Executive Summary
CVSS v3 5.4
ALERT: Vulnerable to exploitation with adjacent access/low attack complexity
Manufacturer: Zebra Technologies
Devices: ZTC Industrial ZT410, ZTC Desktop GK420d
Issue: Potential Authentication Bypass via Alternate Path or Channel

Risk Assessment
Successful exploitation of this vulnerability could permit an unauthorized individual to manipulate credentials by sending specifically crafted packets, bypassing the need for prior authentication.

Technical Details
Affected Products
The following Zebra devices are affected:

ZTC Industrial ZT410: All versions
ZTC Desktop GK420d: All versions
Vulnerability Overview
Authentication Bypass Using an Alternate Path or Channel CWE-288
A vulnerability allowing authentication bypass has been discovered in Zebra Technologies ZTC Industrial ZT410 and ZTC Desktop GK420d. This flaw enables an attacker within the printer’s network to alter the web page username and password via a specially crafted POST request to the setvarsResults.cgi file. For successful exploitation, the printer’s protected mode must be disabled.

CVE-2023-4957 has been assigned to this vulnerability. It holds a CVSS v3 base score of 5.4, with the CVSS vector string: (AV:A/AC:L/PR:N/UI:N/S:U/C:L/I:L/A:N).

Background
Critical Infrastructure Sectors: Critical Manufacturing
Deployment: Worldwide
Company Headquarters: United States

Researcher
Phosphorus Cybersecurity reported this vulnerability to CISA.

Mitigations
Zebra printers operating Link-OS v6.0 and later feature a protected mode to mitigate this vulnerability. Activating this mode restricts unauthorized alterations and locks the current configuration until authorized by an administrator. By default, the secure mode is inactive, necessitating the generation of a password first.

For detailed guidance on implementing the protected mode and applying it to affected Zebra printer products, refer to the Link-OS Printer Administration Guide.

Note: The ZT410 industrial printer was discontinued on Oct 1st, 2020. Service and support discontinuation dates vary by region, with the latest set for September and December 2025. Further security information and best practices, including “Protected Mode,” can be found in the product references.

Note: The GK420d desktop printer was discontinued on Jan 31, 2022. Service and support ended on April 30, 2025.

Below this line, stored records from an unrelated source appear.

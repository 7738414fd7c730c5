-- ===== src/Coap/Serialize/Parts.antt =====
-- The parts of a path or of a query: joined again they are the text, for a text that neither begins nor
-- ends with the separator.
use knx_iot_stack.Prelude.{
  ℕ, ◌+◌, ◌<◌, ◌≡◌, ◌≢◌, refl, inl, inr, arith, append_assoc, Bool, false, List, [], ◌∷◌, ◌++◌,
  ◌==◌, length, Bool-cases, length-append, append-nil,
}
use knx_iot_stack.Coap.Parse.{merge_multi_option}
use knx_iot_stack.Coap.Serialize.{parts_behind, parts_from}

-- A text begins, or ends, with the byte.
abbrev pub begins_with : ℕ → List ℕ → Bool
begins_with c [] = false
begins_with c (b ∷ bytes) = b == c

abbrev pub ends_with : ℕ → List ℕ → Bool
ends_with c [] = false
ends_with c (b ∷ []) = b == c
ends_with c (b ∷ d ∷ bytes) = ends_with c (d ∷ bytes)

-- What the parser makes of a sequence of options of one number.
unfoldable pub merge_all : ℕ → List ℕ → List (List ℕ) → List ℕ
merge_all separator dst [] = dst
merge_all separator dst (part ∷ parts) =
    merge_all separator (merge_multi_option dst part separator) parts

ends_with_tail :
    (c b : ℕ) (bytes : List ℕ) → ends_with c (b ∷ bytes) ≡ false → ends_with c bytes ≡ false
ends_with_tail c b [] h = refl
ends_with_tail c b (d ∷ bytes) h = h

merge-nonempty :
    (separator x : ℕ) (dst option : List ℕ)
    → merge_multi_option (x ∷ dst) option separator ≡ x ∷ dst ++ separator ∷ option
unfolding merge_multi_option
merge-nonempty separator x dst option = ground arith

merge-empty : (separator : ℕ) (option : List ℕ) → merge_multi_option [] option separator ≡ option
unfolding merge_multi_option
merge-empty separator option = refl

-- Every part is shorter than a bound.
abbrev pub AllBelow : ℕ → List (List ℕ) → Type 0
AllBelow n [] = Unit
AllBelow n (part ∷ parts) = (length part < n) × AllBelow n parts

module _ (separator : ℕ) (behind : ℕ × ℕ) where
  -- Parts behind others, the current one not empty.
  merge_more :
      (bytes dst : List ℕ) (x d : ℕ) (part : List ℕ)
      → ends_with separator bytes ≡ false
      → merge_all separator (x ∷ dst) (parts_from separator behind (d ∷ part) bytes)
        ≡ x ∷ dst ++ separator ∷ d ∷ part ++ bytes
  unfolding merge_all parts_from
  merge_more [] dst x d part h = rw (merge-nonempty, append-nil) refl
  merge_more (c ∷ []) dst x d part h = ground (
    arith,
    merge-nonempty separator x dst (d ∷ part ++ c ∷ []),
    append_assoc dst (separator ∷ d ∷ part) (c ∷ []),
  )
  merge_more (c ∷ e ∷ bytes) dst x d part h = ground (
    arith,
    merge-nonempty separator x dst (d ∷ part),
    merge_more bytes (dst ++ separator ∷ d ∷ part) x e [] (ends_with_tail separator e bytes h),
    append_assoc dst (separator ∷ d ∷ part) (separator ∷ e ∷ bytes),
    append_assoc (dst ++ separator ∷ d ∷ part) (separator ∷ e ∷ []) bytes,
    merge_more (e ∷ bytes) dst x d (part ++ c ∷ []) h,
    append_assoc dst (separator ∷ d ∷ part) (c ∷ e ∷ bytes),
    append_assoc part (c ∷ []) (e ∷ bytes),
    append_assoc dst (separator ∷ d ∷ part ++ c ∷ []) (e ∷ bytes),
  )

  -- The first part, not empty so far.
  merge_first :
      (bytes : List ℕ) (d : ℕ) (part : List ℕ)
      → ends_with separator bytes ≡ false
      → merge_all separator [] (parts_from separator behind (d ∷ part) bytes) ≡ d ∷ part ++ bytes
  unfolding merge_all parts_from
  merge_first [] d part h = rw (merge-empty, append-nil) refl
  merge_first (c ∷ []) d part h = ground (arith, merge-empty separator (d ∷ part ++ c ∷ []))
  merge_first (c ∷ e ∷ bytes) d part h = ground (
    arith,
    merge-empty separator (d ∷ part),
    merge_more bytes part d e [] (ends_with_tail separator e bytes h),
    append_assoc part (separator ∷ e ∷ []) bytes,
    merge_first (e ∷ bytes) d (part ++ c ∷ []) h,
    append_assoc part (c ∷ []) (e ∷ bytes),
  )

  -- The parts of a text that neither begins nor ends with the separator are joined to the text.
  pub merge_all-parts_from :
      (bytes : List ℕ)
      → begins_with separator bytes ≡ false
      → ends_with separator bytes ≡ false
      → merge_all separator [] (parts_from separator behind [] bytes) ≡ bytes
  unfolding merge_all parts_from
  merge_all-parts_from [] b h = merge-empty separator []
  merge_all-parts_from (c ∷ []) b h = ground (arith, merge-empty separator (c ∷ []))
  merge_all-parts_from (c ∷ e ∷ bytes) b h = ground (arith, merge_first (e ∷ bytes) c [] h)

  -- The parts are below a bound above the length of the text and above one.
  pub parts_from-AllBelow :
      (n : ℕ) (part bytes : List ℕ)
      → 1 < n
      → length part + length bytes < n
      → AllBelow n (parts_from separator behind part bytes)
  unfolding parts_from parts_behind
  parts_from-AllBelow n part [] o h = (omega (arith, h), tt)
  parts_from-AllBelow n part (c ∷ []) o h = elim (Bool-cases (c == separator)) [
    | inl at ↦ rw at (
      omega (arith, h),
      elim (Bool-cases (behind.1 == separator)) [ inl b ↦ rw b (o, tt) | inr b ↦ rw b tt ],
    )
    | inr off ↦ rw off (omega (arith, h, length-append part (c ∷ [])), tt)
  ]
  parts_from-AllBelow n part (c ∷ e ∷ bytes) o h = elim (Bool-cases (c == separator)) [
    | inl at ↦ rw at (omega (arith, h), parts_from-AllBelow n (e ∷ []) bytes o (omega (arith, h)))
    | inr off ↦ rw off (
        parts_from-AllBelow n (part ++ c ∷ []) (e ∷ bytes) o
          (omega (arith, h, length-append part (c ∷ []))))
  ]

  -- There is at least one part.
  pub parts_from-nonempty : (part bytes : List ℕ) → parts_from separator behind part bytes ≢ []
  unfolding parts_from
  parts_from-nonempty part [] = λ h. cc
  parts_from-nonempty part (c ∷ []) = λ h. ground arith
  parts_from-nonempty part (c ∷ e ∷ bytes) = λ h. elim (Bool-cases (c == separator)) [
    | inl at ↦ ground arith
    | inr off ↦ parts_from-nonempty (part ++ c ∷ []) (e ∷ bytes) (ground arith)
  ]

For comprehensive product resource details, consult the GK420d Desktop Printer Support Manual.

To delve deeper into this vulnerability, explore INCIBE-CERT’s Security Advisory.

CISA emphasizes conducting thorough impact analyses and risk assessments before implementing defensive measures.

CISA also offers control systems security recommended practices on the ICS webpage at cisa.gov/ics. Numerous CISA products outlining cybersecurity best practices, such as Improving Industrial Control Systems Cybersecurity with Defense-in-Depth Strategies, are available for reference and download.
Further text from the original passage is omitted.